Больше всего хотелось ему выскочить отсюда, и как можно скорее. От этих парней у него мурашки по коже, как от Беннет.
— Я хотел бы, чтобы Великий волхв продолжала свою деятельность, как если бы ничего не случилось.
Килиан не знал, что на это ответить. Искоса глянул через плечо, соображая, сумеет ли в случае чего улизнуть отсюда, хотя прекрасно понимал, что, если бы это входило в их намерения, то его отсюда никто бы не выпустил.
— Вам лучше знать, — пожал он робко плечами.
— Без сомнения.
— Ну так я пойду, отнесу ей это.
— Ночь придет.
— Знаю.
— Отлично. Так ты присоединишься к нам, когда придет время.
— Мой дракон силен.
Из капюшона медленно выходила голова, черты лица, одна за другой, проступали из темноты.
— Это необходимое качество, — сказал Квинн.
Беннет внесла в память его лицо. Сомнений не осталось. Кожа, белая, как снег, глаза — черные омуты, — эмоциональное преувеличение. И тем не менее это Квинн.

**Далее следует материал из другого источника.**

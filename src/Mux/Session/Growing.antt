-- ===== src/Mux/Session/Growing.antt =====
-- New connections of a Mux (lib/nps_mux) find their places: NewConn and muxNewConn.
use nps.Prelude.{
  ℕ, ◌≡◌, ◌≢◌, sym, ap, ◌∙◌, some, [], ◌∷◌, ◌++◌, false, ◌⊎◌, inl, inr, length, Bool-cases,
  get_or-append_ne, get_or-append_new, ◌==◌, ==_iff, subst, arith,
}
use nps.Mux.Session.ConnMap
use nps.Mux.Session.ConnMap.{In, In-append, get-set_self, get-set_ne}
use nps.Mux.Session.{new_conn, Mux, no_conn, conn_at}
use nps.Mux.Session.Tracked.{IsOpen, Live, Located, queued, held, offered, mapped, Inv}

-- No connection that is open, or on its way to the map, has the number.
abbrev pub IsUnused : Mux → ℕ → Type 0
IsUnused m id = (c : ℕ) → Live m c → (conn_at m c).id ≢ id

abbrev pub added : Mux → ℕ → Mux
added m id = record m { conns = m.conns ++ (new_conn id ∷ []) }

pub added_self : (m : Mux) (id : ℕ) → conn_at (added m id) (length m.conns) ≡ new_conn id
unfolding conn_at
added_self m id = get_or-append_new m.conns (new_conn id) no_conn

added_other : (m : Mux) (id c : ℕ) → c ≢ length m.conns → conn_at (added m id) c ≡ conn_at m c
unfolding conn_at
added_other m id c n = get_or-append_ne m.conns c (new_conn id) no_conn n

-- What lives beside the new connection lived before.
added-Live : (m : Mux) (id c : ℕ) → c ≢ length m.conns → Live (added m id) c → Live m c
added-Live m id c n (inl o) = inl (ap (λ k. k.is_close) (sym (added_other m id c n)) ∙ o)
added-Live m id c n (inr w) = inr w

place-cases : (c d : ℕ) → (c ≡ d) ⊎ (c ≢ d)
place-cases c d = elim (Bool-cases (c == d)) [
  | inl e ↦ inl ((==_iff c d).0 e)
  | inr e ↦ inr (ground (arith, e))
]

added_id :
    (m : Mux) (id c : ℕ) → c ≢ length m.conns → (conn_at (added m id) c).id ≡ (conn_at m c).id
added_id m id c n = ap (λ k. k.id) (added_other m id c n)

pub self_id : (m : Mux) (id c : ℕ) → c ≡ length m.conns → (conn_at (added m id) c).id ≡ id
unfolding new_conn
self_id m id c e = ap (λ k. (conn_at (added m id) k).id) e ∙ ap (λ k. k.id) (added_self m id)

-- A connection more, which is still to get its place.
pub added-Inv :
    (m : Mux) (id : ℕ) → IsUnused m id → Inv m [] → Inv (added m id) (length m.conns ∷ [])
added-Inv m id unused v = record {
  tracked = λ c o. elim (place-cases c (length m.conns)) [
    | inl e ↦ inl (inl e)
    | inr n ↦ found c n (v.tracked c (ap (λ k. k.is_close) (sym (added_other m id c n)) ∙ o))
  ];
  distinct = λ c d lc ld e. elim (place-cases c (length m.conns)) [
    | inl ec ↦ elim (place-cases d (length m.conns)) [
      | inl ed ↦ ec ∙ sym ed
      | inr nd ↦ absurd (
          unused d (added-Live m id d nd ld) (sym (added_id m id d nd) ∙ sym e ∙ self_id m id c ec))
    ]
    | inr nc ↦ elim (place-cases d (length m.conns)) [
      | inl ed ↦
          absurd
            (unused c (added-Live m id c nc lc) (sym (added_id m id c nc) ∙ e ∙ self_id m id d ed))
      | inr nd ↦
          v.distinct c d (added-Live m id c nc lc) (added-Live m id d nd ld)
            (sym (added_id m id c nc) ∙ e ∙ added_id m id d nd)
    ]
  ];
  stops = v.stops;
  finished = v.finished;
}
  where
    found :
        (c : ℕ)
        → c ≢ length m.conns
        → In c [] ⊎ Located m c
        → In c (length m.conns ∷ []) ⊎ Located (added m id) c
    found c n (inl p) = absurd p
    found c n (inr (queued h)) = inr (queued h)
    found c n (inr (held h)) = inr (held h)
    found c n (inr (offered e h)) = inr (offered e h)
    found c n (inr (mapped e h)) =
        inr (mapped e (ap (ConnMap.get m.conn_map) (added_id m id c n) ∙ h))

-- Set keeps the others in the map, since their numbers differ.
abbrev pub with_entry : Mux → ℕ → Mux
with_entry m c = record m { conn_map = ConnMap.set m.conn_map (conn_at m c).id c }

pub with_entry-Inv : (m : Mux) (c : ℕ) → Live m c → Inv m (c ∷ []) → Inv (with_entry m c) (c ∷ [])
unfolding conn_at
with_entry-Inv m c lc v = record {
  tracked = λ d o. found d o (v.tracked d o);
  distinct = v.distinct;
  stops = v.stops;
  finished = v.finished;
}
  where
    found :
        (d : ℕ)
        → IsOpen m d
        → In d (c ∷ []) ⊎ Located m d
        → In d (c ∷ []) ⊎ Located (with_entry m c) d
    found d o (inl p) = inl p
    found d o (inr (queued h)) = inr (queued h)
    found d o (inr (held h)) = inr (held h)
    found d o (inr (offered e h)) = inr (offered e h)
    found d o (inr (mapped e h)) = elim (place-cases d c) [
      | inl same ↦ inl (inl same)
      | inr other ↦ inr (
          mapped e (
            get-set_ne m.conn_map (conn_at m c).id (conn_at m d).id c
              (λ same. other (v.distinct d c (inl o) lc same))
            ∙ h))
    ]

-- On an open mux the entry is a place.
pub entered-Inv :
    (m : Mux) (c : ℕ) → m.is_close ≡ false → Live m c → Inv m (c ∷ []) → Inv (with_entry m c) []
unfolding conn_at
entered-Inv m c up lc v =
    let v' = with_entry-Inv m c lc v in
    record {
      tracked = λ d o. elim (v'.tracked d o) [
        | inl (inl e) ↦ inr (
            mapped up (
              subst
                (λ k.
                  ConnMap.get (ConnMap.set m.conn_map (conn_at m c).id c) (conn_at m k).id ≡ some k)
                (sym e) (get-set_self m.conn_map (conn_at m c).id c)))
        | inl (inr p) ↦ absurd p
        | inr l ↦ inr l
      ];
      distinct = v.distinct;
      stops = v.stops;
      finished = v.finished;
    }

Великий волхв загадочно улыбнулась, разглядывая лицо. Неистовость, его оживлявшая и когда-то привлекавшая ее, ушла. Выглядел он скорее усталым. Глаза в лучиках морщин, да и щеки провалились.
Она сконцентрировала мысли.
— Декстер в Эдмонтоне. Один из моих сектантов встретил его три дня назад.

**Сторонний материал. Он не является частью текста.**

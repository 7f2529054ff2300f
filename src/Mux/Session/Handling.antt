-- ===== src/Mux/Session/Handling.antt =====
-- The reader, the pings, and Read and Write (lib/nps_mux) keep connections in their places.
use nps.Prelude.{
  ℕ, ◌≡◌, refl, sym, ap, Option, none, some, List, [], ◌∷◌, ◌++◌, Bool, true, false, ◌||◌, ◌⊎◌, inl,
  inr, length, ◌==◌, ◌^◌, ◌-◌, if◌then◌else◌, subst, suc, arith, if_both, if_either, ==_iff,
}
use nps.Mux.Packet.{
  Packet, window, mux_msg_send_ok, mux_new_msg, mux_new_msg_part, bytes, mux_new_conn,
  mux_new_conn_ok, mux_new_conn_fail, mux_conn_close, mux_ping_flag, mux_ping_return, encode,
}
use nps.Mux.Priority.{Popped, packet, stopped, waits, hangs}
use nps.Mux.Priority
use nps.Mux.Window.Send
use nps.Mux.Window.Send.{Frame}
use nps.Mux.Window.Receive.{Estimate, Write, refused, wrote, Ending, returned, eof, waiting}
use nps.Mux.Window.Receive
use nps.Mux.Session.ConnMap.{In, In-append, In-split}
use nps.Mux.Session.{Conn, Mux, conn_at, put_conn, new_conn, send_info}
use nps.Mux.Session.Arrivals.{
  report, delivered, new_msg, close_remote_input, drain, new_remote, for_conn, looked_up, arrive,
  tick,
}
use nps.Mux.Session.Calls.{
  Got, after_end, taken, read, send_frames, Put, write, Wrote, packed, written, write_session,
}
use nps.Mux.Session.Tracked.{
  Live, Located, queued, held, offered, mapped, Inv, Alike-Inv, put_conn-Alike, requeued-Alike,
}
use nps.Mux.Session.Shutting.{close_conn-Inv, close_any-Inv, close-Inv, send_info-Inv}
use nps.Mux.Session.Growing.{IsUnused, added, added_self, added-Inv}

put-Inv :
    (m : Mux) (c : ℕ) (conn : Conn)
    → conn.is_close ≡ (conn_at m c).is_close
    → conn.id ≡ (conn_at m c).id
    → Inv m []
    → Inv (put_conn m c conn) []
put-Inv m c conn e i v = Alike-Inv m _ [] (put_conn-Alike m c conn e i) v

report-Inv : (m : Mux) (id : ℕ) (ws : List ℕ) → Inv m [] → Inv (report m id ws) []
unfolding report
report-Inv m id [] v = v
report-Inv m id (w ∷ ws) v =
    report-Inv (send_info m mux_msg_send_ok id (window w)).1 id ws
      (send_info-Inv m mux_msg_send_ok id (window w) v)

delivered-Inv : (m : Mux) (c : ℕ) (r : Write) → Inv m [] → Inv (delivered m c r) []
unfolding delivered
delivered-Inv m c refused v = close_any-Inv m c [] v
delivered-Inv m c (wrote w credits) v =
    report-Inv _ (conn_at m c).id credits
      (put-Inv m c (record (conn_at m c) { receiver = w }) refl refl v)

new_msg-Inv : (m : Mux) (c : ℕ) (p : Packet) (e : Estimate) → Inv m [] → Inv (new_msg m c p e) []
unfolding new_msg
new_msg-Inv m c p e v =
    if_both (λ k. Inv k []) (conn_at m c).is_close (λ h. close_any-Inv m c [] v)
      λ h.
        delivered-Inv m c
          (Receive.write (conn_at m c).receiver
            (record { buf = p.content; part = p.flag == mux_new_msg_part }) e)
          v

close_remote_input-Inv : (m : Mux) (c : ℕ) → Inv m [] → Inv (close_remote_input m c) []
unfolding close_remote_input
close_remote_input-Inv m c v =
    if_both (λ k. Inv k []) (conn_at m c).is_close (λ h. v) (λ h. put-Inv m c _ refl refl v)

pub drain-Inv : (m : Mux) (c : ℕ) → Inv m [] → Inv (drain m c) []
unfolding drain
drain-Inv m c v =
    if_both (λ k. Inv k []) (conn_at m c).drain_timer (λ h. close_any-Inv m c [] v) (λ h. v)

-- A new connection waits in the queue, which is not closed yet.
enqueued-Inv :
    (m : Mux) (c : ℕ)
    → m.is_close ≡ false
    → Live m c
    → Inv m (c ∷ [])
    → Inv (record m { new_conn_queue = m.new_conn_queue ++ (c ∷ []) }) []
unfolding conn_at
enqueued-Inv m c up lc v = record {
  tracked = λ d o. inr (placed d (v.tracked d o));
  distinct = λ d k ld lk. v.distinct d k (live d ld) (live k lk);
  stops = v.stops;
  finished = λ e. absurd (cc (up, (v.finished e).0));
}
  where
    later : Mux
    later = record m { new_conn_queue = m.new_conn_queue ++ (c ∷ []) }

    placed : (d : ℕ) → In d (c ∷ []) ⊎ Located m d → Located later d
    placed d (inl p) = queued (In-append d m.new_conn_queue (c ∷ []) (inr p))
    placed d (inr (queued h)) = queued (In-append d m.new_conn_queue (c ∷ []) (inl h))
    placed d (inr (held h)) = held h
    placed d (inr (offered e h)) = offered e h
    placed d (inr (mapped e h)) = mapped e h

    waiting : (d : ℕ) → In d m.new_conn_queue ⊎ In d (c ∷ []) → Live m d
    waiting d (inl h) = inr (inl h)
    waiting d (inr (inl e)) = subst (Live m) (sym e) lc
    waiting d (inr (inr p)) = absurd p

    live : (d : ℕ) → Live later d → Live m d
    live d (inl o) = inl o
    live d (inr (inl h)) = waiting d (In-split d m.new_conn_queue (c ∷ []) h)
    live d (inr (inr h)) = inr (inr h)

new_remote-Inv : (m : Mux) (id : ℕ) → IsUnused m id → Inv m [] → Inv (new_remote m id) []
unfolding new_remote new_conn
new_remote-Inv m id unused v =
    let c = length m.conns in
    let v' = added-Inv m id unused v in
    if_both (λ k. Inv k []) (m.is_close || m.queue_stop) (λ h. close_conn-Inv (added m id) c [] v')
      λ h.
        enqueued-Inv (added m id) c (ground (arith, h))
          (inl (ap (λ k. k.is_close) (added_self m id))) v'

for_conn-Inv : (m : Mux) (c : ℕ) (p : Packet) (e : Estimate) → Inv m [] → Inv (for_conn m c p e) []
unfolding for_conn
for_conn-Inv m c p e v =
    let conn = conn_at m c in
    let own =
      λ (k : Conn) (h : k.is_close ≡ conn.is_close) (h' : k.id ≡ conn.id). put-Inv m c k h h' v in
    if_either (λ k. Inv k []) (p.flag == mux_new_msg || p.flag == mux_new_msg_part)
      (new_msg-Inv m c p e v)
      (if_either (λ k. Inv k []) (p.flag == mux_new_conn_ok)
        (own (record conn { status_ok = true }) refl refl)
        (if_either (λ k. Inv k []) (p.flag == mux_new_conn_fail)
          (own (record conn { status_fail = true }) refl refl)
          (if_either (λ k. Inv k []) (p.flag == mux_msg_send_ok)
            (own (record conn { sender = (Send.set_size conn.sender p.window).1 }) refl refl)
            (if_either (λ k. Inv k []) (p.flag == mux_conn_close) (close_remote_input-Inv m c v)
              v))))

looked_up-Inv :
    (m : Mux) (o : Option ℕ) (p : Packet) (e : Estimate) → Inv m [] → Inv (looked_up m o p e) []
unfolding looked_up
looked_up-Inv m none p e v = v
looked_up-Inv m (some c) p e v =
    if_both (λ k. Inv k []) (conn_at m c).is_close (λ h. v) (λ h. for_conn-Inv m c p e v)

after_end-Inv : (m : Mux) (c : ℕ) (e : Ending) → Inv m [] → Inv (after_end m c e) []
unfolding after_end
after_end-Inv m c eof v = close_any-Inv _ c [] (put-Inv m c _ refl refl v)
after_end-Inv m c returned v = v
after_end-Inv m c waiting v = v

pub read-Inv : (m : Mux) (c room : ℕ) → Inv m [] → Inv (read m c room).1 []
unfolding read taken
read-Inv m c room v =
    if_both (λ (r : Got × Mux). Inv r.1 []) (conn_at m c).is_close (λ h. v)
      λ h.
        if_both (λ (r : Got × Mux). Inv r.1 []) (room == 0) (λ h. v)
          λ h. after_end-Inv _ c _ (report-Inv _ (conn_at m c).id _ (put-Inv m c _ refl refl v))

send_frames-Inv : (m : Mux) (id : ℕ) (fs : List Frame) → Inv m [] → Inv (send_frames m id fs) []
unfolding send_frames
send_frames-Inv m id [] v = v
send_frames-Inv m id (f ∷ fs) v =
    let flag = if f.part then mux_new_msg_part else mux_new_msg in
    let v' = send_info-Inv m flag id (bytes f.buf) v in
    if_either (λ k. Inv k []) (send_info m flag id (bytes f.buf)).0
      (send_frames-Inv (send_info m flag id (bytes f.buf)).1 id fs v') v'

pub write-Inv : (m : Mux) (c : ℕ) (buf : List ℕ) → Inv m [] → Inv (write m c buf).1 []
unfolding write
write-Inv m c buf v =
    if_both (λ (r : Put × Mux). Inv r.1 []) (conn_at m c).is_close (λ h. v)
      λ h.
        if_both (λ (r : Put × Mux). Inv r.1 []) (conn_at m c).closing (λ h. v)
          λ h.
            if_both (λ (r : Put × Mux). Inv r.1 []) (length buf == 0) (λ h. v)
              λ h.
                send_frames-Inv _ (conn_at m c).id
                  (Send.write_full (suc (length buf)) (conn_at m c).sender 0 buf).frames
                  (put-Inv m c _ refl refl v)

pinged-Inv : (m : Mux) (n : ℕ) → Inv m [] → Inv (record m { ping_check_time = n }) []
unfolding conn_at
pinged-Inv m n v =
    Alike-Inv m _ []
      record {
        is_close = refl;
        conn_map = refl;
        queue = refl;
        stop = refl;
        loop = refl;
        closed = λ c. refl;
        ids = λ c. refl;
      }
      v

pub tick-Inv : (m : Mux) (now : List ℕ) → Inv m [] → Inv (tick m now) []
unfolding tick
tick-Inv m now v =
    if_either (λ k. Inv k []) m.is_close v
      (if_either (λ k. Inv k []) _ (close-Inv m v)
        (pinged-Inv _ _ (send_info-Inv m mux_ping_flag (2 ^ 32 - 1) (bytes now) v)))

pub arrive-Inv :
    (m : Mux) (p : Packet) (e : Estimate)
    → (p.flag ≡ mux_new_conn → IsUnused m p.id)
    → Inv m []
    → Inv (arrive m p e) []
unfolding arrive
arrive-Inv m p e unused v =
    if_both (λ k. Inv k []) (p.flag == mux_new_conn)
      (λ h. new_remote-Inv m p.id (unused ((==_iff p.flag mux_new_conn).0 h)) v)
      λ h.
        if_either (λ k. Inv k []) _
          (send_info-Inv m mux_ping_return (2 ^ 32 - 1) (bytes p.content) v)
          (if_either (λ k. Inv k []) _ (if_either (λ k. Inv k []) m.is_close v (pinged-Inv m 0 v))
            (looked_up-Inv m _ p e v))

packed-Inv :
    (m : Mux) (broken : Bool) (o : Option (List ℕ)) → Inv m [] → Inv (packed m broken o).1 []
unfolding packed
packed-Inv m false (some bs) v = v
packed-Inv m true (some bs) v = close-Inv m v
packed-Inv m false none v = close-Inv m v
packed-Inv m true none v = close-Inv m v

written-Inv : (m : Mux) (broken : Bool) (r : Popped) → Inv m [] → Inv (written m broken r).1 []
unfolding written
written-Inv m broken (packet p) v =
    if_both (λ (r : Wrote × Mux). Inv r.1 []) m.is_close (λ h. v)
      λ h. packed-Inv m broken (encode p) v
written-Inv m broken stopped v = v
written-Inv m broken waits v = v
written-Inv m broken hangs v = v

pub write_session-Inv : (m : Mux) (broken : Bool) → Inv m [] → Inv (write_session m broken).1 []
unfolding write_session
write_session-Inv m broken v =
    if_both (λ (r : Wrote × Mux). Inv r.1 []) m.is_close (λ h. v)
      λ h.
        written-Inv _ broken (Priority.pop m.write_queue).0
          (Alike-Inv m _ [] (requeued-Alike m (Priority.pop m.write_queue).1) v)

— Благодарю, — ответила Западная Европа.
Десять кораблей над Новой Калифорнией доложили о прибытии обороне Монтерея. Черноястребы, сопровождавшие фрегаты, в этот раз вперед не рвались. Пусть лучше плохую новость сообщит командир конвоя.
— Где «Этчеллс»? — спросил Хадсон Проктор у четырех черноястребов.
— Не знаем, — ответил Пран Су. — Он оставил нас в районе станции. Возможно, скоро появится.
— Вы уверены, что Конфедерация уничтожила станцию?
— Да, фрегаты видели, как она взорвалась.
Факт этот командир конвоя сообщил очень неохотно. Новость распространилась по астероиду в течение тридцати минут, так же быстро стало известно обо всем в городах Новой Калифорнии. В сельской местности узнали обо всем за два дня, а более удаленные астероидные поселения, входившие в Организацию, — за неделю (они услышали об этом из журналистских сообщений, уж они-то такой возможности не упустят).
На этот раз Эммет Мордден наотрез отказался идти с новостью к Алю. Старшие лейтенанты, посовещавшись, решили, что честь эту следует предоставить Лерою Октавиусу. Невысказанная ими мысль (неважно, к какой фракции они принадлежали), когда они смотрели на бредущего с обреченным видом Лероя, что тот струсит, и попросту расскажет обо всем Джеззибелле.
От решения этого предостерегла Лероя жизнь, что прошла в общении с темпераментными персонажами мира развлечений. Понимая, что неприкосновенность дорогих ему тела и души может гарантировать только Джеззибелла, он не мог ослабить ее положение. Мелькала мыслишка перепоручить задание бедному Авраму Харвуду, но, пожалуй, для слабого экс-мэра это чересчур. Набравшись храбрости, Лерой пошел в Никсоновские апартаменты. В нескольких метрах от входа почувствовал, как дрожат ноги. Два телохранителя, уловив его настроение, отвели глаза и открыли перед ним большие двери.